There are 8792  cars and 8968  non-cars
of size:  (64, 64, 3)  and data type: float32

Train the SVC

  • extract the features and convert it to a vstack
  • make a StandardScaler, fit it to the vstack of features, and transform the vstack of features
  • make an hstack of labels
  • split the x and y test and training data
  • make a SVC and fit it to the training data
  • eveluate the SVC on the test data
  • print out the SVC's preditions on several images and the actual types of the images

In [16]:
t=time.time()

car_features = []

for car in cars:
    car_features.append(singleconvert(car))

notcar_features = []

for notcar in notcars:
    notcar_features.append(singleconvert(notcar))

print(len(car_features), len(notcar_features))

t2 = time.time()
print(round(t2-t, 2), 'Seconds to extract HOG features...')
# Create an array stack of feature vectors
X = np.vstack((car_features, notcar_features)).astype(np.float64)
# Fit a per-column scaler
X_scaler = StandardScaler().fit(X)
# Apply the scaler to X
scaled_X = X_scaler.transform(X)

# Define the labels vector
y = np.hstack((np.ones(len(car_features)), np.zeros(len(notcar_features))))

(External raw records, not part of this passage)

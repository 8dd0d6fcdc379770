-- ===== src/Orchestrator/Tests.antt =====
-- Runs of app/orchestrator and the instances of its theorems.
use makkays_chatbot.Prelude.{
  ℕ, suc, ◌≡◌, refl, ◌==◌, String, List, [], ◌∷◌, Bool, true, false, Option, none, some, contains,
  concat, if◌then◌else◌, arith,
}
use makkays_chatbot.Flags.Schemas.{default_flags}
use makkays_chatbot.Session.Caching.{
  read_through, after_redis_get, redis_get, after_db_get, db_get, cache_row, redis_set, put_row,
  after_upsert, Store,
}
use makkays_chatbot.Session.Updates.{
  upsert_state, merge_state, increment_clarification_round, has_values, sets_field, breaks_not_null,
  change, change_value,
}
use makkays_chatbot.Session.Service.{
  get_facts, get_conversation_state, update_facts, update_conversation_state, validate_state,
  facts_key, state_key, update_clarification_state, after_patch, clarification_patch, after_reread,
}
use makkays_chatbot.Clarification.{Prompts}
use makkays_chatbot.Turns.{get_next_turn_number}
use makkays_chatbot.Language.{maybe_translate_response}
use makkays_chatbot.Planner.{filter_by_flags, is_open}
use makkays_chatbot.Planner.Rules.{plan_warranty_information}
use makkays_chatbot.SolutionBuilder.Wizard.{WizardSession, no_requirements}
use makkays_chatbot.Tools.Schemas.{returned, SecurityPolicySchema}
use makkays_chatbot.Tools.Policy.{
  Redis, check, after_state, check_state, after_slots, check_slots, check_limit, limit_clause,
}
use makkays_chatbot.Tools.Registry.{ToolRegistry, get}
use makkays_chatbot.Tools.Executor.{
  Tool, aborts, execute_steps, execute_step, dispatch, after_check, after_step, run_tool,
  or_failure,
}
use makkays_chatbot.Orchestrator.Replies.{fallback_message, assistant_message_from_results}
use makkays_chatbot.Orchestrator.Turn.{Setup, env, Ended, done, TurnState, OrchestratorResult}
use makkays_chatbot.Orchestrator.Control.{has_wizard, looks_like_wizard_escape, on_turn}
use makkays_chatbot.Orchestrator.Outcomes.{Ends}
use makkays_chatbot.Orchestrator.Turns.{IsWizardTurn, on_turn-IsWizardTurn}

abbrev counters : Redis
counters = record {
  Store = String → ℕ;
  incr =
      λ key store. (returned (suc (store key)), λ k. if key == k then suc (store key) else store k);
  expire = λ key window store. (returned tt, store);
}

abbrev templates : Prompts
templates = record {
  template = λ name. some "What do you need?";
  chat = none;
  missing_preserved_options = λ text rewritten. [];
}

abbrev open_policy : String → SecurityPolicySchema
open_policy name = record {
  tool_name = name;
  allowed_intents = "warranty_information" ∷ [];
  required_state = [];
  required_slots = [];
  rate_limit = none;
  audit_log = true;
}

-- A site whose messages match these patterns, and whose model never replies. The tools use no more
-- than the database.
abbrev site : List String → Setup (Unit {0})
site found = record {
  redis = counters;
  accepts = λ entry db. true;
  describe = λ e. "error";
  repr = λ s. s;
  facts_fails = λ n. false;
  state_fails = λ n. false;
  log_fails = λ n. false;
  log_others = λ n. [];
  commits = λ db. true;
  threshold = 700000;
  max_rounds = 3;
  search = λ pattern content. contains found pattern;
  matches = λ message. record {
    email = none;
    phone = none;
    quantity = none;
    budget = none;
    company = none;
  };
  is_email = λ s. true;
  facts_reply = λ facts state recent message. [];
  intent_reply = λ facts state recent message. none;
  langdetect = λ content. none;
  translation = λ language content. none;
  prompts = templates;
  policies =
      ("respond", open_policy "respond") ∷ ("retrieve_docs", open_policy "retrieve_docs") ∷ [];
}

abbrev empty_store : (A : Type 0) → Store A
empty_store A = record { rows = λ tenant session. none; cache = λ key. none; calls = 0 }

module _ (found : List String) where
  abbrev tool : String → Tool (env (site found))
  tool name session context db = (
    returned (record {
      step = name;
      success = true;
      result_summary = concat ("done: " ∷ name ∷ []);
      error = none;
      product_ids = none;
    }),
    db,
  )

  abbrev tools : ToolRegistry (Tool (env (site found))) String
  tools = record {
    tools = ("retrieve_docs", tool "retrieve_docs") ∷ ("respond", tool "respond") ∷ [];
    flag_gates = [];
    llm_schemas = [];
  }

  abbrev start : List WizardSession → TurnState (site found)
  start wizards = record {
    tools = record {
      world = record {
        facts = empty_store _;
        state = empty_store _;
        log = record { rows = []; calls = 0 };
        wizards = wizards;
        outside = tt;
      };
      store = λ key. 0;
      audit = [];
      metrics = [];
    };
    metrics = [];
  }

abbrev first_step : WizardSession
first_step = record {
  current_step = 1;
  collected_requirements = no_requirements;
  completed = false;
}

-- What the user sees of a turn.
abbrev seen : {S : Type 0} → Ended OrchestratorResult × S → Option (String × Bool × List String)
seen (done r, s) = some (r.assistant_message, r.awaiting_clarification, r.plan)
seen _ = none

abbrev warranty : List String
warranty = "\\bwarranty\\b" ∷ []

answered :
    seen (
      on_turn
        (site warranty)
        (tools warranty)
        default_flags
        "t"
        "s"
        "is there a warranty"
        none
        (start warranty []))
    ≡ some ("done: respond", false, "retrieve_docs" ∷ "respond" ∷ [])
unfolding on_turn assistant_message_from_results get_facts get_conversation_state update_facts
    update_conversation_state read_through after_redis_get redis_get after_db_get db_get cache_row
    redis_set put_row after_upsert upsert_state merge_state has_values sets_field breaks_not_null
    change change_value validate_state facts_key state_key execute_steps execute_step dispatch
    after_check after_step check run_tool get_next_turn_number filter_by_flags
    plan_warranty_information is_open get aborts maybe_translate_response after_state check_state
    after_slots check_slots check_limit limit_clause or_failure
answered = refl

-- A classification that failed has no confidence: the turn asks.
asks :
    seen (on_turn (site []) (tools []) default_flags "t" "s" "hm" none (start [] []))
    ≡ some ("What do you need?", true, [])
unfolding on_turn get_facts get_conversation_state update_facts update_conversation_state
    read_through after_redis_get redis_get after_db_get db_get cache_row redis_set put_row
    after_upsert upsert_state merge_state has_values sets_field breaks_not_null change change_value
    validate_state facts_key state_key execute_steps execute_step dispatch after_check after_step
    check run_tool get_next_turn_number update_clarification_state after_patch clarification_patch
    increment_clarification_round after_reread maybe_translate_response
asks = refl

-- Without a reply the user gets the fallback.
no_reply : assistant_message_from_results [] ≡ fallback_message
unfolding assistant_message_from_results
no_reply = refl

owned : has_wizard (site []) (tools []) default_flags "t" "s" (start [] (first_step ∷ [])) ≡ true
unfolding has_wizard
owned = refl

stays : looks_like_wizard_escape (site []) (tools []) default_flags "t" "s" "power" ≡ false
unfolding looks_like_wizard_escape
stays = refl

on_turn-IsWizardTurn_example :
    Ends
      (IsWizardTurn (site []) (tools []) default_flags "t" "s")
      (on_turn (site []) (tools []) default_flags "t" "s" "power" none (start [] (first_step ∷ [])))
on_turn-IsWizardTurn_example =
    on_turn-IsWizardTurn (site []) (tools []) default_flags "t" "s" "power" none
      (start [] (first_step ∷ [])) owned stays (omega arith)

# Split up data into randomized training and test sets
rand_state = np.random.randint(0, 100)
X_train, X_test, y_train, y_test = train_test_split(
    scaled_X, y, test_size=0.2, random_state=rand_state)

print('Using:',orient,'orientations',pix_per_cell,
    'pixels per cell and', cell_per_block,'cells per block')
print('Feature vector length:', len(X_train[0]))
# Use a SVC 
svc = SVC()
# Check the training time for the SVC
t=time.time()
svc.fit(X_train, y_train)
t2 = time.time()
print(round(t2-t, 2), 'Seconds to train SVC...')
# Check the score of the SVC
print('Test Accuracy of SVC = ', round(svc.score(X_test, y_test), 4))
# Check the prediction time for a single sample
t=time.time()
n_predict = 10
print('My SVC predicts: ', svc.predict(X_test[0:n_predict]))
print('For these',n_predict, 'labels: ', y_test[0:n_predict])
t2 = time.time()
print(round(t2-t, 5), 'Seconds to predict', n_predict,'labels with SVC')


8792 8968
76.4 Seconds to extract HOG features...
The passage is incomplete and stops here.